Continued From Page 93 The best trees have medium girth and smooth outer bark. Lodgepole pine cambium is not only a sweet treat but is nutritious. Perhaps reflecting its traditional use as a trail food, the cambium has a similar sugar concentration and array of minerals as a sports drink or electrolyte supplement. Based on nutritional profiling lodgepole pine cambium contains almost equal amounts of sugar and protein as well as notable concentrations of potassium, magnesium, and phosphorous with lesser amounts of calcium, manganese, aluminum, niacin, and vitamin C. While this may seem like a tradition rooted in the past, the knowledge needed to connect with wild resources should be an urgent issue of present and

future times. Shared environmental and cultural knowledge cannot be more important than times like today when voices combine to make decisions of land and resource use which have lasting effects on people and the environment.
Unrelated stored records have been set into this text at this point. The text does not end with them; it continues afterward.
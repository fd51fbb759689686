-- ===== src/Tests/Strings.antt =====
-- Strings of 32 bytes at concrete inputs. The code units of these strings are their UTF-8 bytes.
use vechain_sdk_js.Prelude.{◌≡◌, refl, [], ◌∷◌, replicate, ◌++◌}
use vechain_sdk_js.Result.{ok}
use vechain_sdk_js.Text.{Text, codes}
use vechain_sdk_js.Data.{Utf8, right, decode_bytes32_string, encode_bytes32_string}
use vechain_sdk_js.Tests.Packages.{test_noble}

abbrev ascii : Utf8
ascii = record { encode = λ s. s; decode = λ b. b }

abbrev padded_right : Text
padded_right = codes "0x6869" ++ replicate 60 b'0'

abbrev padded_left : Text
padded_left = codes "0x" ++ (replicate 60 b'0' ++ codes "6869")

encode_check : encode_bytes32_string test_noble ascii right (codes "hi") ≡ ok padded_right
unfolding encode_bytes32_string vechain_sdk_js.Text.to_lower_case vechain_sdk_js.Text.hex_of_bytes
encode_check = refl

decode_right_check : decode_bytes32_string test_noble ascii padded_right ≡ ok (codes "hi")
unfolding decode_bytes32_string vechain_sdk_js.Text.is_hex_digits vechain_sdk_js.Text.strip_tag
    vechain_sdk_js.Text.strip_sign vechain_sdk_js.Text.starts_with_minus
    vechain_sdk_js.Text.to_lower_case vechain_sdk_js.Text.starts_with_tag
    vechain_sdk_js.Text.buffer_from_hex
decode_right_check = refl

decode_left_check : decode_bytes32_string test_noble ascii padded_left ≡ ok (codes "hi")
unfolding decode_bytes32_string vechain_sdk_js.Text.is_hex_digits vechain_sdk_js.Text.strip_tag
    vechain_sdk_js.Text.strip_sign vechain_sdk_js.Text.starts_with_minus
    vechain_sdk_js.Text.to_lower_case vechain_sdk_js.Text.starts_with_tag
    vechain_sdk_js.Text.buffer_from_hex
decode_left_check = refl

-- The empty string is not read back.
abbrev zeros_text : Text
zeros_text = codes "0x" ++ replicate 64 b'0'

decode_zeros_check : decode_bytes32_string test_noble ascii zeros_text ≡ ok (0 ∷ [])
unfolding decode_bytes32_string vechain_sdk_js.Text.is_hex_digits vechain_sdk_js.Text.strip_tag
    vechain_sdk_js.Text.strip_sign vechain_sdk_js.Text.starts_with_minus
    vechain_sdk_js.Text.to_lower_case vechain_sdk_js.Text.starts_with_tag
    vechain_sdk_js.Text.buffer_from_hex
decode_zeros_check = refl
Breathing life into old knowledge not only situates that knowledge in 21st century lifestyles but empowers cultural ownership and overlooked voices to stand for the value of what sustains life and the people of the West Chilcotin. Author’s Note: I am very grateful to the Tsilhqot’in people, who have shared knowledge with me about lodgepole pine cambium. I am an evolving learner and forever seeing the indispensable value of knowledge which can not be contained by a book or classroom. Sechanalyagh.

The outer bark of the lodgepole pine tree is carefully removed to expose the delicate cambium layer that is eaten in springtime.